# Breaking a bond



## Runnergirl (Mar 20, 2014)

Ok, this is really just hypothetical but I am curious. Salty is heavily bonded to Scurvy. Its obvious he would like to preen Scurvy, he sings to him, calls for him, and is madly "in love" with him so to speak. Anyway, Scurvy is and always has been bonded to me. So my curiosity has arisen. Has anyone had a similar love triangle? With or without a third bird? 
I'm curious if anyone has had birds that have un-bonded to another bird or if they had a bird that ever was happy with a bird they co-habitate with that doesn't return the affection. Scurvy is completely ok with his cage mate, but that is it, and everything. Salty on the other hand, would fly into oncoming traffic for Scurvy and I don't think it will ever be returned.

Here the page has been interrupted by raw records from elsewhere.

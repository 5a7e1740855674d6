-- ===== src/Keth/Receive/Rounds.antt =====
-- What one round of the NAPI poll in keth-if/kernel/core.c does to the device.
use hack.Base.{
  ℕ, zero, if◌then◌else◌, Bool, List, leb, ◌≡◌, ◌+◌, suc, length, ◌∷◌, drop, arith, some, false,
  Option, none, ◌∙◌, [], refl,
}
use hack.Keth.Model.{
  Kernel, Device, PacketBuf, Call, netif_receive_skb, Net, Dev, at, Ends, Ends-bind, Ends-and, eth0,
  Ends-mono, eth1,
}
use hack.Keth.Receive.{poll_packet, poll_handed, receive}
use hack.Keth.Pool.{dequeue_buf, release_buffer}
use hack.Keth.Pool.Sound.{IsSound, Conserves, dequeue_buf-Conserves}

-- the smaller of a budget and a number of packets
abbrev pub min : ℕ → ℕ → ℕ
min a b = if leb a b then a else b

-- The calls to the network stack for the first `n` packets of a receive list, which stands with the
-- newest packet first; `ok` tells for which rounds, from round `i` on, a socket buffer is there.
abbrev pub handed : ℕ → ℕ → (ℕ → Bool) → List PacketBuf → List Call → List Call
handed zero i ok packets calls = calls
handed (suc n) i ok [] calls = calls
handed (suc n) i ok (pkt ∷ packets) calls =
    handed n (i + 1) ok packets (if ok i then netif_receive_skb pkt.bytes ∷ calls else calls)

-- what a round does to the device that is polled
pub record Round (ok : Bool) (pkt : PacketBuf) (rest : List PacketBuf) (x y : Device) : Type 0 where
  pub queue : y.rx_queue ≡ rest
  pub calls : y.calls ≡ (if ok then netif_receive_skb pkt.bytes ∷ x.calls else x.calls)
  pub enabled : y.rx_int_enabled ≡ x.rx_int_enabled

-- what the loop does, when it has counted up to `npackets`
pub record Received (n npackets : ℕ) (ok : ℕ → Bool) (x : Device) (r : ℕ) (y : Device)
    : Type 0 where
  pub count : r ≡ npackets + min n (length x.rx_queue)
  pub queue : y.rx_queue ≡ drop n x.rx_queue
  pub calls : y.calls ≡ handed n npackets ok x.rx_queue x.calls
  pub enabled : y.rx_int_enabled ≡ x.rx_int_enabled

-- what releasing a packet leaves alone
record Same (x y : Device) : Type 0 where
  pub queue : y.rx_queue ≡ x.rx_queue
  pub calls : y.calls ≡ x.calls
  pub enabled : y.rx_int_enabled ≡ x.rx_int_enabled

record Head (pkt : PacketBuf) (rest : List PacketBuf) (x : Device) (o : Option PacketBuf)
    (y : Device) : Type 0 where
  given : o ≡ some pkt
  pub queue : y.rx_queue ≡ rest
  pub calls : y.calls ≡ x.calls
  pub enabled : y.rx_int_enabled ≡ x.rx_int_enabled

dequeue_buf-Head :
    (pkt : PacketBuf) (rest : List PacketBuf) (s : Net) (d : Dev)
    → (at s d).locked ≡ false
    → (at s d).rx_queue ≡ pkt ∷ rest
    → Ends (λ r. Head pkt rest (at s d) r.0 (at r.1 d)) (dequeue_buf s d)
unfolding dequeue_buf
dequeue_buf-Head pkt rest s d free e = ground arith

pub IsSound-free : (k : Kernel) (s : Net) (d : Dev) → IsSound k s → (at s d).locked ≡ false
IsSound-free k s eth0 v = v.sound0.unlocked
IsSound-free k s eth1 v = v.sound1.unlocked

pub Received-end :
    (n npackets : ℕ) (ok : ℕ → Bool) (x : Device)
    → x.rx_queue ≡ []
    → Received (suc n) npackets ok x npackets x
Received-end n npackets ok x e = ground arith

pub Received-step :
    (n npackets : ℕ) (ok : ℕ → Bool) (pkt : PacketBuf) (rest : List PacketBuf) (x y z : Device)
    (r : ℕ)
    → x.rx_queue ≡ pkt ∷ rest
    → Round (ok npackets) pkt rest x y
    → Received n (npackets + 1) ok y r z
    → Received (suc n) npackets ok x r z
Received-step n npackets ok pkt rest x y z r e round got = record {
  count = rw e (got.count ∙ rw round.queue (ground arith));
  queue = rw e (got.queue ∙ rw round.queue refl);
  calls = rw e (got.calls ∙ rw round.queue (rw round.calls refl));
  enabled = got.enabled ∙ round.enabled;
}

module _ (k : Kernel) where
  release_buffer-Same :
      (pkt : PacketBuf) (s : Net) (d : Dev)
      → (at s pkt.dev).locked ≡ false
      → Ends (λ s'. Same (at s d) (at s' d)) (release_buffer k s pkt)
  unfolding release_buffer
  release_buffer-Same pkt s d free = ground arith

  receive-free :
      (s : Net) (d : Dev) (ok : Bool) (pkt : PacketBuf) (d' : Dev)
      → IsSound k s
      → (at (receive s d ok pkt) d').locked ≡ false
  unfolding receive
  receive-free s d ok pkt d' v = ground arith

  Round-of :
      (s : Net) (d : Dev) (ok : Bool) (pkt : PacketBuf) (rest : List PacketBuf) (x y : Device)
      → Head pkt rest x (some pkt) (at s d)
      → Same (at (receive s d ok pkt) d) y
      → Round ok pkt rest x y
  unfolding receive
  Round-of s d ok pkt rest x y h same = ground arith

  poll_handed-Round :
      (ok : Bool) (pkt : PacketBuf) (rest : List PacketBuf) (x : Device) (s : Net) (d : Dev)
      → IsSound k s
      → Head pkt rest x (some pkt) (at s d)
      → Ends (λ s'. Round ok pkt rest x (at s' d)) (poll_handed k ok d (some pkt) s)
  unfolding poll_handed
  poll_handed-Round ok pkt rest x s d v h =
      Ends-mono (λ s'. Same (at (receive s d ok pkt) d) (at s' d)) _
        (release_buffer k (receive s d ok pkt) pkt)
        (release_buffer-Same pkt (receive s d ok pkt) d (receive-free s d ok pkt pkt.dev v))
        λ s' same. Round-of s d ok pkt rest x (at s' d) h same

  pub poll_packet-Round :
      (ok : Bool) (pkt : PacketBuf) (rest : List PacketBuf) (s : Net) (d : Dev)
      → IsSound k s
      → (at s d).rx_queue ≡ pkt ∷ rest
      → Ends (λ s'. Round ok pkt rest (at s d) (at s' d)) (poll_packet k ok s d)
  unfolding poll_packet
  poll_packet-Round ok pkt rest s d v e =
      Ends-bind
        (λ r. Head pkt rest (at s d) r.0 (at r.1 d) × (IsSound k r.1 × Conserves s r.1 none r.0)) _
        (dequeue_buf s d) _
        (Ends-and _ _ (dequeue_buf s d) (dequeue_buf-Head pkt rest s d (IsSound-free k s d v) e)
          (dequeue_buf-Conserves k s d v))
        λ r (h, (v1, c)). rw h.given (
          poll_handed-Round ok pkt rest (at s d) r.1 d v1
            (record { given = refl; queue = h.queue; calls = h.calls; enabled = h.enabled }))
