-- ===== src/Keth/Receive/Polling.antt =====
-- What one call of the NAPI poll in keth-if/kernel/core.c receives.
use hack.Base.{
  ℕ, zero, if◌then◌else◌, Bool, List, ◌≡◌, ◌+◌, suc, length, ◌∷◌, drop, arith, false, ◌∙◌, [], refl,
  ltb, ◌&&◌, true,
}
use hack.Keth.Model.{Kernel, Device, PacketBuf, Net, Dev, at, Ends, Ends-bind, Ends-and, Ends-mono}
use hack.Keth.Receive.{poll_packet, poll_loop, poll, finish_poll}
use hack.Keth.Pool.Sound.{IsSound}
use hack.Keth.Receive.Conserve.{Keeps, poll_packet-Keeps, poll_loop-Keeps}
use hack.Keth.Receive.Rounds.{
  Received, min, Received-end, handed, IsSound-free, Round, poll_packet-Round, Received-step,
}

-- what the end of a poll does to the device, which has received `n` packets
record Finish (n budget : ℕ) (complete : Bool) (x : Device) (r : ℕ) (y : Device) : Type 0 where
  count : r ≡ n
  queue : y.rx_queue ≡ x.rx_queue
  calls : y.calls ≡ x.calls
  enabled : y.rx_int_enabled ≡ (if ltb n budget && complete then true else x.rx_int_enabled)

finish_poll-Finish :
    (budget : ℕ) (complete : Bool) (n : ℕ) (s : Net) (d : Dev)
    → (at s d).locked ≡ false
    → Ends
        (λ r. Finish n budget complete (at s d) r.0 (at r.1 d))
        (finish_poll budget complete d (n, s))
unfolding finish_poll
finish_poll-Finish budget complete n s d free = ground arith

ltb-min : (budget n : ℕ) → ltb (0 + min budget n) budget ≡ ltb n budget
ltb-min budget n = ground arith

-- what a poll that counts `r` packets does to the device
pub record Polled (budget : ℕ) (ok : ℕ → Bool) (complete : Bool) (x : Device) (r : ℕ) (y : Device)
    : Type 0 where
  pub count : r ≡ min budget (length x.rx_queue)
  pub queue : y.rx_queue ≡ drop budget x.rx_queue
  pub calls : y.calls ≡ handed budget 0 ok x.rx_queue x.calls
  pub enabled :
      y.rx_int_enabled
      ≡ (if ltb (length x.rx_queue) budget && complete then true else x.rx_int_enabled)

finish_lem :
    (budget : ℕ) (ok : ℕ → Bool) (complete : Bool) (s : Net) (d : Dev) (n : ℕ) (s1 : Net)
    → Received budget 0 ok (at s d) n (at s1 d)
    → (at s1 d).locked ≡ false
    → Ends
        (λ r. Polled budget ok complete (at s d) r.0 (at r.1 d))
        (finish_poll budget complete d (n, s1))
finish_lem budget ok complete s d n s1 got free =
    Ends-mono (λ r. Finish n budget complete (at s1 d) r.0 (at r.1 d)) _
      (finish_poll budget complete d (n, s1)) (finish_poll-Finish budget complete n s1 d free)
      λ r end. record {
        count = omega (arith, end.count, got.count);
        queue = end.queue ∙ got.queue;
        calls = end.calls ∙ got.calls;
        enabled =
            end.enabled
            ∙ rw got.count (rw (ltb-min budget (length (at s d).rx_queue)) (rw got.enabled refl));
      }

module _ (k : Kernel) where
  -- the claim for the rest of the loop gives the claim for a round more
  poll_loop-next :
      (n npackets : ℕ) (ok : ℕ → Bool) (s : Net) (d : Dev) (queue : List PacketBuf)
      → IsSound k s
      → ((s' : Net)
          → IsSound k s'
          → Ends
              (λ r. Received n (npackets + 1) ok (at s' d) r.0 (at r.1 d))
              (poll_loop k n (npackets + 1) ok s' d))
      → (at s d).rx_queue ≡ queue
      → Ends
          (λ r. Received (suc n) npackets ok (at s d) r.0 (at r.1 d))
          (poll_loop k (suc n) npackets ok s d)
  unfolding poll_loop
  poll_loop-next n npackets ok s d [] v ih e = rw e (Received-end n npackets ok (at s d) e)
  poll_loop-next n npackets ok s d (pkt ∷ rest) v ih e = rw e (
      Ends-bind (λ s1. Round (ok npackets) pkt rest (at s d) (at s1 d) × Keeps k s s1) _
        (poll_packet k (ok npackets) s d) _
        (Ends-and _ _ (poll_packet k (ok npackets) s d)
          (poll_packet-Round k (ok npackets) pkt rest s d v e)
          (poll_packet-Keeps k (ok npackets) s d v))
        λ s1 (round, kept).
          Ends-mono (λ r. Received n (npackets + 1) ok (at s1 d) r.0 (at r.1 d)) _
            (poll_loop k n (npackets + 1) ok s1 d) (ih s1 kept.0)
            λ r got.
              Received-step n npackets ok pkt rest (at s d) (at s1 d) (at r.1 d) r.0 e round got)

  poll_loop-Received :
      (n npackets : ℕ) (ok : ℕ → Bool) (s : Net) (d : Dev)
      → IsSound k s
      → Ends (λ r. Received n npackets ok (at s d) r.0 (at r.1 d)) (poll_loop k n npackets ok s d)
  unfolding poll_loop
  poll_loop-Received zero npackets ok s d v = record {
    count = ground arith;
    queue = refl;
    calls = refl;
    enabled = refl;
  }
  poll_loop-Received (suc n) npackets ok s d v =
      poll_loop-next n npackets ok s d (at s d).rx_queue v
        (λ s' v'. poll_loop-Received n (npackets + 1) ok s' d v') refl

  -- A poll with a budget, of a sound device: it receives the smaller of the budget and the length of
  -- the receive list; it hands the newest packets on first, in the order of the list, each to
  -- `netif_receive_skb` unless no socket buffer is to be had; it takes them off the list; and it
  -- enables receive interrupts again only if it stopped below the budget and `napi_complete_done`
  -- agrees.
  pub poll-receives :
      (budget : ℕ) (ok : ℕ → Bool) (complete : Bool) (s : Net) (d : Dev)
      → IsSound k s
      → Ends
          (λ r. Polled budget ok complete (at s d) r.0 (at r.1 d))
          (poll k budget ok complete s d)
  unfolding poll
  poll-receives budget ok complete s d v =
      Ends-bind (λ r. Received budget 0 ok (at s d) r.0 (at r.1 d) × Keeps k s r.1) _
        (poll_loop k budget 0 ok s d) _
        (Ends-and _ _ (poll_loop k budget 0 ok s d) (poll_loop-Received budget 0 ok s d v)
          (poll_loop-Keeps k budget 0 ok s d v))
        λ r (got, kept). finish_lem budget ok complete s d r.0 r.1 got (IsSound-free k r.1 d kept.0)
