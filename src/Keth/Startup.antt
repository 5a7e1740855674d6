-- ===== src/Keth/Startup.antt =====
-- The setting up of a device, and the entry and the exit of the module, in keth-if/kernel/core.c.
pub mod Sound
pub mod Leaks
use hack.Base.{ℕ, Bool, Option, List, if◌then◌else◌, some, not, ◌∷◌, none, [], false, true}
use hack.Keth.Model.{Dev, Params, Net, eth1, at, eth0, put, quiet}
use hack.Keth.Pool.{setup_pool}
use hack.Keth.Receive.{rx_ints}

-- `memset` over the private part, then what `dummeth_setup` writes. The fields of the device that the
-- kernel's `ether_setup` fills, the queue among them, are taken from the device that is given.
unfoldable pub setup : Params → (ℕ → Bool) → Net → Dev → Net
setup q kmalloc s d =
    let dev = at s d in
    let s1 = put s d (record dev {
      stats = record {
        rx_packets = 0;
        rx_bytes = 0;
        rx_dropped = 0;
        tx_packets = 0;
        tx_bytes = 0;
        tx_errors = 0;
      };
      status = quiet;
      ppool = [];
      rx_queue = [];
      rx_int_enabled = false;
      tx_packetlen = 0;
      tx_packetdata = [];
      skb = none;
      locked = false;
    }) in
    setup_pool q.pool_size kmalloc (rx_ints s1 d true) d

-- what the module asks of the kernel for its devices
pub data Ask : Type 0 where
  alloc_netdev register_netdevice unregister_netdev teardown free_netdev : Dev → Ask

pub data Result : Type 0 where
  success enomem : Result
  err : ℕ → Result

-- `r` is `none` where `register_netdevice` is not negative, and the error otherwise.
abbrev pub after_register1 : Option ℕ → List Ask → Result × List Ask
after_register1 none asks = (success, asks)
after_register1 (some e) asks = (err e, free_netdev eth1 ∷ free_netdev eth0 ∷ asks)

abbrev pub after_register0 : Option ℕ → Option ℕ → List Ask → Result × List Ask
after_register0 none r1 asks = after_register1 r1 (register_netdevice eth1 ∷ asks)
after_register0 (some e) r1 asks = (err e, free_netdev eth0 ∷ asks)

-- `alloc0` and `alloc1` tell whether the devices are allocated. The calls stand last one first.
unfoldable pub init_module : Bool → Bool → Option ℕ → Option ℕ → Result × List Ask
init_module alloc0 alloc1 r0 r1 =
    if not alloc0
    then (enomem, [])
    else if not alloc1
    then (enomem, alloc_netdev eth0 ∷ [])
    else after_register0 r0 r1
        (register_netdevice eth0 ∷ alloc_netdev eth1 ∷ alloc_netdev eth0 ∷ [])

-- one round of the loop; `present` is the test of `dummeth_devs[i]`
abbrev pub cleanup_device : Bool → Dev → List Ask → List Ask
cleanup_device present d asks =
    if present then free_netdev d ∷ teardown d ∷ unregister_netdev d ∷ asks else asks

unfoldable pub cleanup_module : Bool → Bool → List Ask → List Ask
cleanup_module present0 present1 asks =
    cleanup_device present1 eth1 (cleanup_device present0 eth0 asks)
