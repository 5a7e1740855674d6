-- ===== src/Keth/Startup/Leaks.antt =====
-- Which devices are left behind when the module of keth-if/kernel/core.c fails to start.
use hack.Base.{
  ℕ, Bool, List, Option, true, none, false, ◌≡◌, ◌∷◌, [], ◌||◌, some, not, arith, ◌&&◌, refl,
}
use hack.Keth.Startup.{
  init_module, cleanup_module, Ask, enomem, success, alloc_netdev, free_netdev, register_netdevice,
  unregister_netdev, err, teardown,
}
use hack.Keth.Model.{Dev, eth0, same_dev, eth1}

-- allocated and not freed since; the calls stand last one first
abbrev pub is_live : Dev → List Ask → Bool
is_live d [] = false
is_live d (alloc_netdev e ∷ asks) = same_dev d e || is_live d asks
is_live d (free_netdev e ∷ asks) = not (same_dev d e) && is_live d asks
is_live d (register_netdevice e ∷ asks) = is_live d asks
is_live d (unregister_netdev e ∷ asks) = is_live d asks
is_live d (teardown e ∷ asks) = is_live d asks

-- registered, and not unregistered since
abbrev pub is_registered : Dev → List Ask → Bool
is_registered d [] = false
is_registered d (alloc_netdev e ∷ asks) = is_registered d asks
is_registered d (free_netdev e ∷ asks) = is_registered d asks
is_registered d (register_netdevice e ∷ asks) = same_dev d e || is_registered d asks
is_registered d (unregister_netdev e ∷ asks) = not (same_dev d e) && is_registered d asks
is_registered d (teardown e ∷ asks) = is_registered d asks

-- Loading and unloading: when both devices are allocated and registered the module starts, and the
-- exit, which finds both, unregisters and frees both.
pub init_module-cleanup :
    (present0 present1 : Bool)
    → let (r, asks) = init_module true true none none in
      (r ≡ success)
      × (is_live eth0 asks ≡ true)
      × (is_live eth1 asks ≡ true)
      × (is_live eth0 (cleanup_module present0 present1 asks) ≡ not present0)
      × (is_live eth1 (cleanup_module present0 present1 asks) ≡ not present1)
      × (is_registered eth0 (cleanup_module present0 present1 asks) ≡ not present0)
      × (is_registered eth1 (cleanup_module present0 present1 asks) ≡ not present1)
unfolding init_module cleanup_module
init_module-cleanup present0 present1 = ground arith

-- The start fails in four ways. If the first device is not allocated, nothing is left. If only the
-- second is not, the first stays allocated. If the first is not registered, with an error `e`, the second
-- stays allocated. If the second is not registered, nothing stays allocated, but the first is freed while
-- it is still registered.
pub init_module-leaks :
    (alloc1 : Bool) (r0 r1 : Option ℕ) (e : ℕ)
    → (init_module false alloc1 r0 r1 ≡ (enomem, []))
      × (let (r, asks) = init_module true false r0 r1 in
          (r ≡ enomem) × (is_live eth0 asks ≡ true) × (is_live eth1 asks ≡ false))
      × (let (r, asks) = init_module true true (some e) r1 in
          (r ≡ err e) × (is_live eth0 asks ≡ false) × (is_live eth1 asks ≡ true))
      × (let (r, asks) = init_module true true none (some e) in
          (r ≡ err e)
          × (is_live eth0 asks ≡ false)
          × (is_live eth1 asks ≡ false)
          × (is_registered eth0 asks ≡ true))
unfolding init_module
init_module-leaks alloc1 r0 r1 e =
    (refl, (refl, refl, refl), (refl, refl, refl), (refl, refl, refl, refl))
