-- ===== src/Keth/Startup/Sound.antt =====
-- The devices that keth-if/kernel/core.c sets up satisfy the invariant that its operations keep.
use hack.Base.{ℕ, Bool, ◌≡◌, true, ◌<◌, length, [], arith, refl}
use hack.Keth.Startup.{setup}
use hack.Keth.Pool.{setup_pool, fill}
use hack.Keth.Receive.{rx_ints}
use hack.Keth.Model.{Kernel, Params, Net, eth0, eth1, Dev, at}
use hack.Keth.Pool.Sound.{IsSound}
use hack.Keth.Control.Limits.{length-fill}

-- Both devices set up with a pool of at least one packet, each `kmalloc` succeeding: they are sound,
-- with full pools, empty receive lists, and receive interrupts on.
pub setup-IsSound :
    (k : Kernel) (q : Params) (kmalloc : ℕ → Bool) (s : Net)
    → ((i : ℕ) → kmalloc i ≡ true)
    → 0 < q.pool_size
    → let s' = setup q kmalloc (setup q kmalloc s eth0) eth1 in
      IsSound k s'
      × ((d : Dev)
          → (length (at s' d).ppool ≡ q.pool_size)
            × ((at s' d).rx_queue ≡ [])
            × ((at s' d).rx_int_enabled ≡ true))
unfolding setup setup_pool rx_ints
setup-IsSound k q kmalloc s each some_packet =
    let pool0 = length-fill q.pool_size 0 kmalloc eth0 [] each tt in
    let pool1 = length-fill q.pool_size 0 kmalloc eth1 [] each tt in
    (
      ground (arith, pool0.0, pool0.1, pool1.0, pool1.1),
      go (omega (arith, pool0.0)) (omega (arith, pool1.0)),
    )
  where
    go :
        length (fill q.pool_size 0 kmalloc eth0 []) ≡ q.pool_size
        → length (fill q.pool_size 0 kmalloc eth1 []) ≡ q.pool_size
        → (d : Dev)
        → (length (at (setup q kmalloc (setup q kmalloc s eth0) eth1) d).ppool ≡ q.pool_size)
          × ((at (setup q kmalloc (setup q kmalloc s eth0) eth1) d).rx_queue ≡ [])
          × ((at (setup q kmalloc (setup q kmalloc s eth0) eth1) d).rx_int_enabled ≡ true)
    go e0 e1 eth0 = (e0, refl, refl)
    go e0 e1 eth1 = (e1, refl, refl)
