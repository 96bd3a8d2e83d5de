-- ===== src/Scenarios/Runs.antt =====
-- A run of the whole program: a buyer opens a team, does not pay, and is refunded by the timer.
use group_buy_market.Prelude.{ℕ, false, pos, some, none, [], ◌∷◌, arith}
use group_buy_market.Store.Rows.{World}
use group_buy_market.Consistency.Counts.{Consistent, OrdersUnique}
use group_buy_market.Service.Reach.{empty_db}
use group_buy_market.Service.Refund.{strategy_map}
use group_buy_market.App.Lock.{LockRequest, lock_market_pay_order_app}
use group_buy_market.App.Lock.Safety.{with_trial}
use group_buy_market.Trigger.Job.{timeout_refund_job}
use group_buy_market.System.Reach.{start, lock_requested, orders_timed_out, Reached-Sound}
use group_buy_market.Scenarios.Amounts.{whole, whole-IsOrdered}
use group_buy_market.Scenarios.Market.{activity, catalog, calm, no_keys, no_bitmaps}
use group_buy_market.Scenarios.Trials.{settings, env, carl_locks}

abbrev empty_market : World ℕ
empty_market = record calm { db = empty_db (activity ∷ []) catalog }

abbrev carl_opens : LockRequest
carl_opens = record carl_locks { team_id = "" }

abbrev opened : World ℕ
opened =
    (lock_market_pay_order_app (with_trial whole whole-IsOrdered settings none false env)
      (some carl_opens) empty_market).1

abbrev timed_out : World ℕ
timed_out = (timeout_refund_job (strategy_map (pos 1000) "refunds") "topic" (pos 1000) [] opened).1

Reached-Sound_example : Consistent timed_out.db × OrdersUnique timed_out.db.orders
Reached-Sound_example = Reached-Sound whole whole-IsOrdered (
    orders_timed_out _ (pos 1000) "topic" "refunds" [] (
      lock_requested _ settings none false env (some carl_opens) (omega arith, tt)
        (start (activity ∷ []) catalog no_keys no_bitmaps [])))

I have often wondered if there is a better partner out there for Salty...
(and all that being said, I know well not to pair up birds in the hopes they like each other...just curious if anyone has ever diverted a bird's attention to another)


----------



## Nimra (Aug 4, 2014)

I am not sure about what you should do.


----------



## eduardo (Jan 27, 2012)

Yes, I have a pair like that. I got Candy first, and she is totally a people bird. After three or four months, I got Tony. Candy disliked him from the start. With time, they got used to each other, but Candy does not let him preen her, nor does she show any affection toward him, except when she is in a mating mood, lol. He, on the other hand, keeps trying to ask her for scritches, only to be yelled and screeched at, poor guy. If I am home, she only has eyes for me. He, on the other hand, looks for her if she is not within an eyesight. It's kind of sad.
I have had them for about three years now, and they are both very attached to me, which is nice. I just wish sometimes they would act like a pair in love and not just disinterested roommates.


----------